Exercise directions: Every entry that follows needs to be repeated exactly.

====== Material supplied ======

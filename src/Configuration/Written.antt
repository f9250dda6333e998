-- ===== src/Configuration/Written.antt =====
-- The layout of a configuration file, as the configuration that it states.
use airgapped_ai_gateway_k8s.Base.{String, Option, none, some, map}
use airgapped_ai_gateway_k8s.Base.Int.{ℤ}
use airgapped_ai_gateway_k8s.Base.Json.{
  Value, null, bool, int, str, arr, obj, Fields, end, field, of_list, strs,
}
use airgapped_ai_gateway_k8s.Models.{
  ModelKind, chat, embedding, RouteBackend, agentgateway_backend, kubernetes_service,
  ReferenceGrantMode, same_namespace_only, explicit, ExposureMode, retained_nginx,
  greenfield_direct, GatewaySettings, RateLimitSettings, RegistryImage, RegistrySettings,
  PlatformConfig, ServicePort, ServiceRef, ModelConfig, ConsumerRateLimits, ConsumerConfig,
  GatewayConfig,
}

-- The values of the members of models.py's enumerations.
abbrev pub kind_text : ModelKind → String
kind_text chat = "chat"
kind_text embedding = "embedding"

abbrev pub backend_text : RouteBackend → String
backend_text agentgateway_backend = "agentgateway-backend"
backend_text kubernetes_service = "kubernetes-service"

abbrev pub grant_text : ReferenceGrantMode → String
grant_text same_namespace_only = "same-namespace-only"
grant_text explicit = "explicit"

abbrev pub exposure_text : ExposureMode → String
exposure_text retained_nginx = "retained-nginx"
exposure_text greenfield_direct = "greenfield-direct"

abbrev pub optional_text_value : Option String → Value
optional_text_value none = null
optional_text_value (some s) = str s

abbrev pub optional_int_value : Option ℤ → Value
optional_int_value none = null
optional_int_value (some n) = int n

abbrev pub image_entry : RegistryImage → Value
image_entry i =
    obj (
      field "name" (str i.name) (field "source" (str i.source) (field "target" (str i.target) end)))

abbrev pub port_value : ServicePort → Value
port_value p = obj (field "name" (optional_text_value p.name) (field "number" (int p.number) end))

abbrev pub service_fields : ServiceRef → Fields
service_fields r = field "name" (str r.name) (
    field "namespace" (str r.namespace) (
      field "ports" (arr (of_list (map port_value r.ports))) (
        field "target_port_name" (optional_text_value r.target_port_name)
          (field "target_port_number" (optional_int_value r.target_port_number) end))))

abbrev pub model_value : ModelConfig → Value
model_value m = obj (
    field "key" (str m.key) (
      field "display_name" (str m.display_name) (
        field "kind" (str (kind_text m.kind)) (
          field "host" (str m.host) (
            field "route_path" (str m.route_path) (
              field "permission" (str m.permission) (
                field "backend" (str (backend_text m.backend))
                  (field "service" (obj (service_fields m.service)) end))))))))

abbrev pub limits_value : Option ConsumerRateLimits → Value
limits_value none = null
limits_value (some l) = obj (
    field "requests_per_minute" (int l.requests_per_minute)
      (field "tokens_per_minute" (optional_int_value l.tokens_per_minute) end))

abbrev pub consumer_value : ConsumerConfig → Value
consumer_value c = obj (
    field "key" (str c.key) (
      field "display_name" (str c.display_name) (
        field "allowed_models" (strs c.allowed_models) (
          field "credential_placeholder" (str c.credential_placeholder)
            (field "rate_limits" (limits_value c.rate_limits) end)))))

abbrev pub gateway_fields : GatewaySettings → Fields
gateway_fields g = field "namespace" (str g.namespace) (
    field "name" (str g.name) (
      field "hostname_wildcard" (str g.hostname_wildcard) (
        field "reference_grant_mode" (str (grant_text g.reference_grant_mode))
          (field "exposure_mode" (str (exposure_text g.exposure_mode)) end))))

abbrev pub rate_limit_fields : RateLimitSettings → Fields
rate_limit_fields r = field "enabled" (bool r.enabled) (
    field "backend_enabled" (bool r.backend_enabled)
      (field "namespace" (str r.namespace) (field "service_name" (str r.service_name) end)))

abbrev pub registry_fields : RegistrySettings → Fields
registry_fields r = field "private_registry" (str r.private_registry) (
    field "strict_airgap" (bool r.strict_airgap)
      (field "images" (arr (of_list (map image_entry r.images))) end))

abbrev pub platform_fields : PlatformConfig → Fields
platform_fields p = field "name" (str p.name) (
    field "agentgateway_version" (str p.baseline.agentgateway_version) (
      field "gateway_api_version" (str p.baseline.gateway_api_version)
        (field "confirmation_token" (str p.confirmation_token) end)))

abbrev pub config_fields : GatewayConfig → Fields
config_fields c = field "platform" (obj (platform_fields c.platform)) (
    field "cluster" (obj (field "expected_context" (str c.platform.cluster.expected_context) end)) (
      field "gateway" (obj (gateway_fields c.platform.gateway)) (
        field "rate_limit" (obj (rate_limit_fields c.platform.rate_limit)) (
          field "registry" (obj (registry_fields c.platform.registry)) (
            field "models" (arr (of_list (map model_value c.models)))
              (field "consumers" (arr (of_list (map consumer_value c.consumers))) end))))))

======

Output for this task:
filename src/Configuration/Written.antt
repository f9250dda6333e998
-- ===== src/Configuration/Written.antt =====
-- The layout of a configuration file, as the configuration that it states.
use airgapped_ai_gateway_k8s.Base.{String, Option, none, some, map}
use airgapped_ai_gateway_k8s.Base.Int.{ℤ}
use airgapped_ai_gateway_k8s.Base.Json.{
  Value, null, bool, int, str, arr, obj, Fields, end, field, of_list, strs,
}
use airgapped_ai_gateway_k8s.Models.{
  ModelKind, chat, embedding, RouteBackend, agentgateway_backend, kubernetes_service,
  ReferenceGrantMode, same_namespace_only, explicit, ExposureMode, retained_nginx,
  greenfield_direct, GatewaySettings, RateLimitSettings, RegistryImage, RegistrySettings,
  PlatformConfig, ServicePort, ServiceRef, ModelConfig, ConsumerRateLimits, ConsumerConfig,
  GatewayConfig,
}

-- The values of the members of models.py's enumerations.
abbrev pub kind_text : ModelKind → String
kind_text chat = "chat"
kind_text embedding = "embedding"

abbrev pub backend_text : RouteBackend → String
backend_text agentgateway_backend = "agentgateway-backend"
backend_text kubernetes_service = "kubernetes-service"

abbrev pub grant_text : ReferenceGrantMode → String
grant_text same_namespace_only = "same-namespace-only"
grant_text explicit = "explicit"

abbrev pub exposure_text : ExposureMode → String
exposure_text retained_nginx = "retained-nginx"
exposure_text greenfield_direct = "greenfield-direct"

abbrev pub optional_text_value : Option String → Value
optional_text_value none = null
optional_text_value (some s) = str s

abbrev pub optional_int_value : Option ℤ → Value
optional_int_value none = null
optional_int_value (some n) = int n

abbrev pub image_entry : RegistryImage → Value
image_entry i =
    obj (
      field "name" (str i.name) (field "source" (str i.source) (field "target" (str i.target) end)))

abbrev pub port_value : ServicePort → Value
port_value p = obj (field "name" (optional_text_value p.name) (field "number" (int p.number) end))

abbrev pub service_fields : ServiceRef → Fields
service_fields r = field "name" (str r.name) (
    field "namespace" (str r.namespace) (
      field "ports" (arr (of_list (map port_value r.ports))) (
        field "target_port_name" (optional_text_value r.target_port_name)
          (field "target_port_number" (optional_int_value r.target_port_number) end))))

abbrev pub model_value : ModelConfig → Value
model_value m = obj (
    field "key" (str m.key) (
      field "display_name" (str m.display_name) (
        field "kind" (str (kind_text m.kind)) (
          field "host" (str m.host) (
            field "route_path" (str m.route_path) (
              field "permission" (str m.permission) (
                field "backend" (str (backend_text m.backend))
                  (field "service" (obj (service_fields m.service)) end))))))))

abbrev pub limits_value : Option ConsumerRateLimits → Value
limits_value none = null
limits_value (some l) = obj (
    field "requests_per_minute" (int l.requests_per_minute)
      (field "tokens_per_minute" (optional_int_value l.tokens_per_minute) end))

abbrev pub consumer_value : ConsumerConfig → Value
consumer_value c = obj (
    field "key" (str c.key) (
      field "display_name" (str c.display_name) (
        field "allowed_models" (strs c.allowed_models) (
          field "credential_placeholder" (str c.credential_placeholder)
            (field "rate_limits" (limits_value c.rate_limits) end)))))

abbrev pub gateway_fields : GatewaySettings → Fields
gateway_fields g = field "namespace" (str g.namespace) (
    field "name" (str g.name) (
      field "hostname_wildcard" (str g.hostname_wildcard) (
        field "reference_grant_mode" (str (grant_text g.reference_grant_mode))
          (field "exposure_mode" (str (exposure_text g.exposure_mode)) end))))

abbrev pub rate_limit_fields : RateLimitSettings → Fields
rate_limit_fields r = field "enabled" (bool r.enabled) (
    field "backend_enabled" (bool r.backend_enabled)
      (field "namespace" (str r.namespace) (field "service_name" (str r.service_name) end)))

abbrev pub registry_fields : RegistrySettings → Fields
registry_fields r = field "private_registry" (str r.private_registry) (
    field "strict_airgap" (bool r.strict_airgap)
      (field "images" (arr (of_list (map image_entry r.images))) end))

abbrev pub platform_fields : PlatformConfig → Fields
platform_fields p = field "name" (str p.name) (
    field "agentgateway_version" (str p.baseline.agentgateway_version) (
      field "gateway_api_version" (str p.baseline.gateway_api_version)
        (field "confirmation_token" (str p.confirmation_token) end)))

abbrev pub config_fields : GatewayConfig → Fields
config_fields c = field "platform" (obj (platform_fields c.platform)) (
    field "cluster" (obj (field "expected_context" (str c.platform.cluster.expected_context) end)) (
      field "gateway" (obj (gateway_fields c.platform.gateway)) (
        field "rate_limit" (obj (rate_limit_fields c.platform.rate_limit)) (
          field "registry" (obj (registry_fields c.platform.registry)) (
            field "models" (arr (of_list (map model_value c.models)))
              (field "consumers" (arr (of_list (map consumer_value c.consumers))) end))))))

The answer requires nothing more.